--- Records Enclosed Below ---

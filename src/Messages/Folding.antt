-- ===== src/Messages/Folding.antt =====
-- src/core/message_projection.py: one list after another, through the aggregator.
use claude_code_manager.Base.{
  ℕ, suc, ◌+◌, ◌≡◌, refl, ap, sym, ◌∙◌, false, List, [], ◌∷◌, ◌++◌, append_assoc, if◌then◌else◌,
  map, length, arith, Bool-cases, inl, inr,
}
use claude_code_manager.Messages.Aggregator.{
  Event, Message, Delta, message, stream, Aggregator, new_aggregator, ◌then_do◌, set,
}
use claude_code_manager.Messages.Feeding.{feed_indexed, feed_at}
use claude_code_manager.Messages.StableOrder.{Indexed, stable_history_projection}
use claude_code_manager.Messages.ClosedPrefix.{IsClosed, stable_history_projection-append}
use claude_code_manager.Messages.Projection.{messages_of, is_separator, separators_from, at_base}

pub messages_of-append :
    (ds es : List Delta) → messages_of (ds ++ es) ≡ messages_of ds ++ messages_of es
messages_of-append [] es = refl
messages_of-append (message m ∷ ds) es = ap (◌∷◌ m) (messages_of-append ds es)
messages_of-append (stream m ∷ ds) es = messages_of-append ds es

separators_from-append :
    (n k : ℕ) (ms ns : List Message)
    → k ≡ n + length ms
    → separators_from n (ms ++ ns) ≡ separators_from n ms ++ separators_from k ns
unfolding separators_from
separators_from-append n k [] ns h =
    let e : n ≡ k = omega (arith, h) in ap (λ j. separators_from j ns) e
separators_from-append n k (m ∷ ms) ns h =
    rw (separators_from-append (suc n) k ms ns (omega (arith, h))) (
      sym (
        append_assoc (if is_separator m then n ∷ [] else []) (separators_from (suc n) ms)
          (separators_from k ns)))

separators_from-shift :
    (n i k : ℕ) (ms : List Message)
    → k ≡ n + i
    → separators_from k ms ≡ map (λ j. n + j) (separators_from i ms)
unfolding separators_from
separators_from-shift n i k [] h = refl
separators_from-shift n i k (m ∷ ms) h = elim (Bool-cases (is_separator m)) [
  | inl p ↦ rw (p, separators_from-shift n (suc i) (suc k) ms (omega (arith, h)), h) refl
  | inr p ↦ rw p (separators_from-shift n (suc i) (suc k) ms (omega (arith, h)))
]

-- The positions that are found in a further part, moved behind the parts before it.
pub separators_from-fold :
    (ms ns : List Message)
    → separators_from 0 (ms ++ ns)
      ≡ separators_from 0 ms ++ map (λ j. length ms + j) (separators_from 0 ns)
separators_from-fold ms ns =
    separators_from-append 0 (length ms) ms ns (omega arith)
    ∙ ap (λ z. separators_from 0 ms ++ z)
        (separators_from-shift (length ms) 0 (length ms) ns (omega arith))

-- Feeding one list and then another.
unfoldable pub feed_both : (xs ys : List Indexed) (a : Aggregator) → Aggregator × List Delta
feed_both xs ys a =
    let (b, ds) = feed_indexed xs a in let (c, es) = feed_indexed ys b in (c, ds ++ es)

feed_indexed-append :
    (xs ys : List Indexed) (a : Aggregator) → feed_indexed (xs ++ ys) a ≡ feed_both xs ys a
unfolding feed_indexed feed_both ◌then_do◌ set
feed_indexed-append [] ys a = refl
feed_indexed-append (x ∷ xs) ys a =
    let step =
      set (λ b. record b { processed = suc b.processed })
      then_do feed_at x.1 (a.idx_offset + x.0) in
    rw (feed_indexed-append xs ys (step a).0) (
      ap (λ z. ((feed_both xs ys (step a).0).0, z))
        (sym (append_assoc (step a).1 (feed_indexed xs (step a).0).1 _)))

abbrev pub run : ℕ → List Event → Aggregator × List Delta
run offset events = feed_indexed (stable_history_projection events) (new_aggregator offset false)

-- Behind a closed prefix, the rest is folded where the prefix ended.
pub run-append :
    (offset : ℕ) (xs ys : List Event)
    → IsClosed xs
    → run offset (xs ++ ys)
      ≡ feed_both
          (stable_history_projection xs)
          (map (at_base (length xs)) (stable_history_projection ys))
          (new_aggregator offset false)
run-append offset xs ys closed =
    rw (stable_history_projection-append xs ys closed) (feed_indexed-append _ _ _)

--- End of Enclosed Records ---

> [Exercise prompt] State how many lines of the records contain the word "cases". Give that number alone.

> [Finished task] 2